So we have Vault running in AWS backed by Consul. All works well day to day and 90% of the upgrades we have run have no issue at all. Occasionally though I seem to get a large timeout from Consul whilst the leader node is terminated. My understanding is that vault is only running a single node as active and everything forwards traffic to the leader. Each Vault node has a Consul agent running that communicates with consul server instances (behind their own ELB in our case). Any of these nodes can server traffic from my understanding.
The process we have written works off of the autopilot API endpoint to:
- find nodes that are not “leader: true” and terminate one
- wait until new node is spun out by ASG
- wait for node to become ready in AWS
- monitor Failure to Tolerate entry in autopilot before terminating next node that is not leader
- Finally once that is complete terminate the leader node.

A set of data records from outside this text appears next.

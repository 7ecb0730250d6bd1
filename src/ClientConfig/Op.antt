-- ===== src/ClientConfig/Op.antt =====
-- What provider a configuration stands for: `ToProvider` and `IsCICDProvider`.
use opkssh.Base.{
  Bool, true, false, not, ◌&&◌, ◌||◌, List, [], ◌∷◌, ◌≡◌, refl, subst, Option, none, some, Str, str,
  ◌==◌, str_eq, contains, if◌then◌else◌, Result, ok, err,
}
use opkssh.Text.{has_prefix, trim_suffix}
use opkssh.ClientConfig.{
  ProviderConfig, cicd_unused_client_id, gitlab_ci_alias, github_issuer, google_issuer,
}

-- The options of a provider with a browser. `none` leaves the default of the library.
pub record Options : Type 0 where
  pub issuer : Str
  pub client_id : Str
  pub client_secret : Option Str
  pub scopes : Option (List Str)
  pub prompt_type : Str
  pub access_type : Str
  pub redirect_uris : List Str
  pub remote_redirect_uri : Str
  pub gq_sign : Bool
  pub open_browser : Bool

-- The providers of github.com/openpubkey/openpubkey.
pub data Op : Type 0 where
  google azure gitlab hello standard : Options → Op
  gitlab_ci : Str → Str → Op
  github : Op
  forgejo : Str → Op

-- Whether a provider is a `BrowserOpenIdProvider`.
abbrev pub is_browser : Op → Bool
is_browser (gitlab_ci issuer variable) = false
is_browser github = false
is_browser (forgejo issuer) = false
is_browser _ = true

-- The process, and the library's functions that read its environment: whether the provider of
-- GitHub can be made, and the issuer of the one of Forgejo, if it can.
pub record Process : Type 0 where
  pub get_env : Str → Str
  pub has_github_op : Bool
  pub forgejo_op_issuer : Option Str
  pub is_forgejo_issuer : Str → Bool

pub data OpError : Type 0 where
  no_issuer not_https no_client_id not_in_gitlab_ci no_github_op no_forgejo_op : OpError
  issuer_mismatch : Str → Str → OpError

-- `p.hasScopes()`
unfoldable pub has_scopes : List Str → Bool
has_scopes [] = false
has_scopes (s ∷ []) = not (s == [])
has_scopes (s ∷ t ∷ more) = true

module _ (process : Process) where
  -- `IsCICDProvider(p)`
  unfoldable pub is_cicd_provider : ProviderConfig → Bool
  is_cicd_provider p =
      p.issuer == github_issuer
      || (process.is_forgejo_issuer p.issuer && p.client_id == cicd_unused_client_id)
      || contains p.alias_list gitlab_ci_alias

  -- The options that all branches set alike.
  abbrev options : ProviderConfig → Bool → Option Str → Options
  options p open_browser secret = record {
    issuer = p.issuer;
    client_id = p.client_id;
    client_secret = secret;
    scopes = if has_scopes p.scopes then some p.scopes else none;
    prompt_type = p.prompt;
    access_type = p.access_type;
    redirect_uris = p.redirect_uris;
    remote_redirect_uri = p.remote_redirect_uri;
    gq_sign = false;
    open_browser = open_browser;
  }

  abbrev forgejo_of : Str → Option Str → Result OpError Op
  forgejo_of issuer none = err no_forgejo_op
  forgejo_of issuer (some found) =
      if not (found == trim_suffix issuer (str "/"))
      then err (issuer_mismatch issuer found)
      else ok (forgejo found)

  -- `p.ToProvider(openBrowser)`
  unfoldable pub to_provider : ProviderConfig → Bool → Result OpError Op
  unfolding has_scopes
  to_provider p open_browser =
      if p.issuer == []
      then err no_issuer
      else if not (has_prefix p.issuer (str "https://"))
      then err not_https
      else if p.client_id == []
      then err no_client_id
      else if has_prefix p.issuer google_issuer
      then ok (google (options p open_browser (some p.client_secret)))
      else if has_prefix p.issuer (str "https://login.microsoftonline.com")
      then ok (azure (options p open_browser none))
      else if contains p.alias_list gitlab_ci_alias
      then (if not (process.get_env (str "GITLAB_CI") == str "true")
          then err not_in_gitlab_ci
          else ok (gitlab_ci p.issuer (str "OPENPUBKEY_JWT")))
      else if trim_suffix p.issuer (str "/") == str "https://gitlab.com"
      then ok (gitlab (options p open_browser none))
      else if p.issuer == str "https://issuer.hello.coop"
      then ok (hello (options p open_browser none))
      else if p.issuer == github_issuer
      then (if process.has_github_op then ok github else err no_github_op)
      else if process.is_forgejo_issuer p.issuer && p.client_id == cicd_unused_client_id
      then forgejo_of p.issuer process.forgejo_op_issuer
      else ok (standard (options p open_browser (some p.client_secret)))

  -- A result that is no provider without a browser.
  abbrev Browsing : Result OpError Op → Type 0
  Browsing (ok op) = is_browser op ≡ true
  Browsing (err e) = Unit

  either :
      (b : Bool) (r t : Result OpError Op) → Browsing r → Browsing t → Browsing (if b then r else t)
  either true r t h k = h
  either false r t h k = k

  only_if_false :
      (b : Bool) (r t : Result OpError Op) → b ≡ false → Browsing t → Browsing (if b then r else t)
  only_if_false true r t e k = cc
  only_if_false false r t e k = k

  or_is_false : (a b c : Bool) → (a || b || c) ≡ false → (a ≡ false) × (b ≡ false) × (c ≡ false)
  or_is_false true b c h = cc
  or_is_false false true c h = cc
  or_is_false false false c h = (refl, refl, h)

  Browsing-to_provider :
      (p : ProviderConfig) (open_browser : Bool)
      → is_cicd_provider p ≡ false
      → Browsing (to_provider p open_browser)
  unfolding is_cicd_provider to_provider
  Browsing-to_provider p open_browser c =
      let (no_github, no_forgejo, no_gitlab) = or_is_false _ _ _ c in
      either (p.issuer == []) _ _ tt (
        either (not (has_prefix p.issuer (str "https://"))) _ _ tt (
          either (p.client_id == []) _ _ tt (
            either (has_prefix p.issuer google_issuer) _ _ refl (
              either (has_prefix p.issuer (str "https://login.microsoftonline.com")) _ _ refl (
                only_if_false (contains p.alias_list gitlab_ci_alias) _ _ no_gitlab (
                  either (trim_suffix p.issuer (str "/") == str "https://gitlab.com") _ _ refl (
                    either (p.issuer == str "https://issuer.hello.coop") _ _ refl (
                      only_if_false (p.issuer == github_issuer) _ _ no_github (
                        only_if_false
                          (process.is_forgejo_issuer p.issuer
                            && p.client_id == cicd_unused_client_id)
                          _ _ no_forgejo refl)))))))))

  -- A configuration that is none of a workflow never gives a provider without a browser.
  pub to_provider-is_browser :
      (p : ProviderConfig) (open_browser : Bool) (op : Op)
      → is_cicd_provider p ≡ false
      → to_provider p open_browser ≡ ok op
      → is_browser op ≡ true
  to_provider-is_browser p open_browser op c h =
      subst Browsing h (Browsing-to_provider p open_browser c)
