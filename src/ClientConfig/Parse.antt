-- ===== src/ClientConfig/Parse.antt =====
-- The text of a list of providers, as it stands in the environment, and what is read from it.
use opkssh.Base.{
  true, false, List, [], ◌∷◌, map, ◌≡◌, ◌≢◌, ◌⊎◌, inl, inr, refl, ap, ◌∙◌, arith, Str, str, ◌==◌,
  nat_eq, str_eq, str_beq_iff, All, if◌then◌else◌, ok, err,
}
use opkssh.Text.{join, has_prefix}
use opkssh.Text.Split.{Lacks, split-join}
use opkssh.ClientConfig.{
  ProviderConfig, default_provider_config, google_issuer, from_split, with_google_secret,
  no_client_id, new_provider_config_from_string, all_from_strings,
  providers_config_list_from_strings,
}

-- A provider as it is written: `<alias>,<issuer>,<client_id>,<client_secret>,<scopes>`, of which
-- there is at least one scope.
pub record Entry : Type 0 where
  pub alias : Str
  pub issuer : Str
  pub client_id : Str
  pub client_secret : Str
  pub scope : Str
  pub more_scopes : List Str

abbrev scopes_text : Entry → Str
scopes_text e = join (e.scope ∷ e.more_scopes) (str " ")

abbrev fields : Entry → List Str
fields e = e.issuer ∷ e.client_id ∷ e.client_secret ∷ scopes_text e ∷ []

abbrev pub entry_text : Entry → Str
entry_text e = join (e.alias ∷ fields e) (str ",")

abbrev pub config_of_entry : Entry → ProviderConfig
config_of_entry e = record default_provider_config {
  alias_list = e.alias ∷ [];
  issuer = e.issuer;
  client_id = e.client_id;
  client_secret = e.client_secret;
  scopes = e.scope ∷ e.more_scopes;
}

-- An entry whose fields have no separator in them, with a client id, and a secret for Google.
pub record IsWritable (e : Entry) : Type 0 where
  pub no_comma : All (Lacks b',') (e.alias ∷ fields e)
  pub no_blank : All (Lacks b' ') (e.scope ∷ e.more_scopes)
  pub no_semicolon : Lacks b';' (entry_text e)
  pub has_client_id : e.client_id ≢ []
  pub has_secret : (has_prefix e.issuer google_issuer ≡ false) ⊎ (e.client_secret ≢ [])

accepted :
    (e : Entry)
    → IsWritable e
    → (if e.client_id == [] then err no_client_id else with_google_secret (config_of_entry e))
      ≡ ok (config_of_entry e)
accepted e w = elim w.has_secret [
  | inl n ↦ ground (arith, str_beq_iff e.client_id [], w.has_client_id)
  | inr n ↦
      ground (arith, str_beq_iff e.client_id [], str_beq_iff e.client_secret [], w.has_client_id)
]

new_provider_config-entry_text :
    (e : Entry)
    → IsWritable e
    → new_provider_config_from_string (entry_text e) true ≡ ok (config_of_entry e)
unfolding new_provider_config_from_string
new_provider_config-entry_text e w =
    ap (from_split true) (split-join e.alias (fields e) b',' w.no_comma)
    ∙ rw (split-join e.scope e.more_scopes b' ' w.no_blank) (accepted e w)

all_from_strings-entries :
    (es : List Entry)
    → All IsWritable es
    → all_from_strings (map entry_text es) ≡ ok (map config_of_entry es)
all_from_strings-entries [] w = refl
all_from_strings-entries (e ∷ es) (w, ws) =
    rw (new_provider_config-entry_text e w, all_from_strings-entries es ws) refl

texts_lack : (es : List Entry) → All IsWritable es → All (Lacks b';') (map entry_text es)
texts_lack [] w = tt
texts_lack (e ∷ es) (w, ws) = (w.no_semicolon, texts_lack es ws)

-- The texts of providers, joined by semicolons, are read as these providers, in their order, with
-- the defaults of a client in the other fields. There is at least one provider, none of the fields
-- has a separator in it, and each has a client id and, for Google, a secret.
pub providers_config_list-join :
    (e : Entry) (es : List Entry)
    → All IsWritable (e ∷ es)
    → providers_config_list_from_strings (join (map entry_text (e ∷ es)) (str ";"))
      ≡ ok (map config_of_entry (e ∷ es))
unfolding providers_config_list_from_strings
providers_config_list-join e es w =
    ap all_from_strings (split-join (entry_text e) (map entry_text es) b';' (texts_lack (e ∷ es) w))
    ∙ all_from_strings-entries (e ∷ es) w
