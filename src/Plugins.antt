-- ===== src/Plugins.antt =====
-- Policy plugins: policy/plugins/plugins.go and pluginconfig.go.
pub mod Command
pub mod Fresh
pub mod Allowed
pub mod EnvVars
pub mod Execution
pub mod Tokens
pub mod Seen
use opkssh.Base.{
  ℕ, Bool, true, false, not, ◌&&◌, ◌||◌, List, [], ◌∷◌, ◌++◌, Option, none, some, Str, str, ◌==◌,
  nat_eq, str_eq, contains, if◌then◌else◌, head_or, Result, ok, err,
}
use opkssh.Text.{has_prefix, has_suffix, split, trim_space}
use opkssh.Files.{FsError, FileInfo, PermError, Check, passed, refused, panicked}

pub record PluginConfig : Type 0 where
  pub name : Str
  pub command : Str

-- Why a command was not run, or failed.
pub data CommandError : Type 0 where
  config_not_marshalled bad_quoting exec_failed : CommandError
  setenv_failed : Str → CommandError
  insecure_command : PermError → CommandError

pub data PluginError : Type 0 where
  insecure_config : PermError → PluginError
  unreadable_config : FsError → PluginError
  bad_yaml missing_name missing_command : PluginError
  command_failed : CommandError → PluginError

pub record PluginResult : Type 0 where
  pub path : Str
  pub config : PluginConfig
  pub error : Option PluginError
  pub command_run : List Str
  pub policy_output : Str
  pub allowed : Bool

-- A call that returns, or panics.
pub data Run {ℓ} (A : Type ℓ) : Type ℓ where
  returned : A → Run A
  crash : Run A

abbrev pub continue_with {ℓ κ} : {A : Type ℓ} {B : Type κ} → Run A → (A → Run B) → Run B
continue_with crash f = crash
continue_with (returned a) f = f a

-- `PluginResults.Allowed()`
unfoldable pub results_allowed : List PluginResult → Run Bool
results_allowed [] = returned false
results_allowed (r ∷ rs) =
    let rest = results_allowed rs in
    if r.allowed
    then (if not (r.policy_output == str "allow") then crash else returned true)
    else rest

-- `PluginResults.Errors()`
unfoldable pub results_errors : List PluginResult → List PluginError
results_errors [] = []
results_errors (r ∷ rs) = elim r.error [ none ↦ results_errors rs | some e ↦ e ∷ results_errors rs ]

abbrev pub required_policy_perms : List ℕ
required_policy_perms = 0o640 ∷ []

abbrev pub required_policy_dir_perms : List ℕ
required_policy_dir_perms = 0o700 ∷ 0o750 ∷ 0o755 ∷ []

abbrev pub required_policy_cmd_perms : List ℕ
required_policy_cmd_perms = 0o555 ∷ 0o755 ∷ []

-- The environment of the process, and the map of tokens: a list of names with their values.
abbrev pub EnvVars : Type 0
EnvVars = List (Str × Str)

unfoldable pub put : Str → Str → EnvVars → EnvVars
put k v [] = (k, v) ∷ []
put k v ((j, w) ∷ env) = if j == k then (k, v) ∷ env else (j, w) ∷ put k v env

-- `os.Unsetenv`
unfoldable pub unset : Str → EnvVars → EnvVars
unset k [] = []
unset k ((j, w) ∷ env) = let rest = unset k env in if j == k then rest else (j, w) ∷ rest

-- The names and values that `os.Setenv` accepts.
abbrev pub valid_var : Str → Str → Bool
valid_var k v =
    not (k == []) && (not (contains k b'=') && (not (contains k 0) && not (contains v 0)))

abbrev pub plugin_prefix : Str
plugin_prefix = str "OPKSSH_PLUGIN_"

-- The loop over `os.Environ()`, a copy of the environment at its start.
unfoldable pub clear_inherited : EnvVars → EnvVars → EnvVars
clear_inherited [] env = env
clear_inherited ((k, v) ∷ environ) env =
    let line = k ++ b'=' ∷ v in
    clear_inherited environ
      (if has_prefix line plugin_prefix then unset (head_or [] (split line b'=')) env else env)

-- The loop over the tokens; on an error the variables set so far stay set.
unfoldable pub set_all : EnvVars → EnvVars → Option Str × EnvVars
set_all [] env = (none, env)
set_all ((k, v) ∷ tokens) env =
    let rest = set_all tokens (put k v env) in if valid_var k v then rest else (some k, env)

-- What the plugin enforcer calls. `check` is `CheckPerm` for the owner root and any group, in the
-- state of the machine; `exec` runs a command under an environment and returns its output and
-- whether it failed.
pub record Host : Type 1 where
  pub World : Type 0
  pub check : World → Str → List ℕ → Check
  pub read_dir : World → Str → Result FsError (List Str)
  pub stat : World → Str → Result FsError FileInfo
  pub read_file : World → Str → Result FsError Str
  pub exec : Str → List Str → EnvVars → World → Str × Bool × World
  pub parse_yaml : Str → Option PluginConfig
  pub marshal_yaml : PluginConfig → Option Str
  pub base64 : Str → Str
  pub shell_split : Str → Option (List Str)
  pub join_path : Str → Str → Str

pub data LoadPluginsError : Type 0 where
  insecure_dir : PermError → LoadPluginsError
  dir_failed : FsError → LoadPluginsError

abbrev no_config : PluginConfig
no_config = record { name = []; command = [] }

abbrev fresh : Str → PluginResult
fresh path = record {
  path = path;
  config = no_config;
  error = none;
  command_run = [];
  policy_output = [];
  allowed = false;
}

abbrev failed : Str → PluginError → PluginResult
failed path e = record (fresh path) { error = some e }

module _ (host : Host) where
  open host use {World}

  abbrev config_result : Str → Option PluginConfig → PluginResult
  config_result path none = failed path bad_yaml
  config_result path (some cmd) =
      if cmd.name == []
      then failed path missing_name
      else if cmd.command == []
      then failed path missing_command
      else record (fresh path) { config = cmd }

  abbrev read_config : Str → Result FsError Str → PluginResult
  read_config path (err e) = failed path (unreadable_config e)
  read_config path (ok file) = config_result path (host.parse_yaml file)

  abbrev checked_config : World → Str → Check → Run PluginResult
  checked_config w path passed = returned (read_config path (host.read_file w path))
  checked_config w path (refused e) = returned (failed path (insecure_config e))
  checked_config w path panicked = crash

  abbrev listed : Run PluginResult → Run (Result LoadPluginsError (List PluginResult))
  listed crash = crash
  listed (returned r) = returned (ok (r ∷ []))

  -- What one entry of the directory adds to the results.
  pub load_entry :
      World → Str → Result FsError FileInfo → Run (Result LoadPluginsError (List PluginResult))
  load_entry w path (err e) = returned (err (dir_failed e))
  load_entry w path (ok info) =
      if not info.is_dir && has_suffix info.name (str ".yml")
      then listed (checked_config w path (host.check w path required_policy_perms))
      else returned (ok [])

  -- The loop of `loadPlugins` over the entries of the directory.
  pub load_entries :
      World → Str → List PluginResult → List Str → Run (Result LoadPluginsError (List PluginResult))
  load_entries w dir out [] = returned (ok out)
  load_entries w dir out (entry ∷ entries) =
      let path = host.join_path dir entry in
      elim (load_entry w path (host.stat w path)) [
        | crash ↦ crash
        | returned (err e) ↦ returned (err e)
        | returned (ok new) ↦ load_entries w dir (out ++ new) entries
      ]

  pub load_dir :
      World → Str → Result FsError (List Str) → Run (Result LoadPluginsError (List PluginResult))
  load_dir w dir (err e) = returned (err (dir_failed e))
  load_dir w dir (ok entries) = load_entries w dir [] entries

  -- `loadPlugins(dir)`
  unfoldable pub load_plugins : Str → World → Run (Result LoadPluginsError (List PluginResult))
  unfolding load_dir load_entries load_entry
  load_plugins dir w = elim (host.check w dir required_policy_dir_perms) [
    | panicked ↦ crash
    | refused e ↦ returned (err (insecure_dir e))
    | passed ↦ load_dir w dir (host.read_dir w dir)
  ]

Initially this did cause issues as we did not have the “leave_on_terminate” configured so the cluster would have a bit of a panic then elect a new leader once it realised the node was gone for good. Setting “leave_on_terminate” resolved this and everything has been fine. However it seems inconsistent still and I can get 10-50 seconds of no response from consul which manifests as vault errors to clients trying to pull secrets.
Is there any setting that someone thinks I might have missed and should look in to to try and speed up the leader failover when the leader is shutdown cleanly? Or is there a better method to force a cluster election to happen?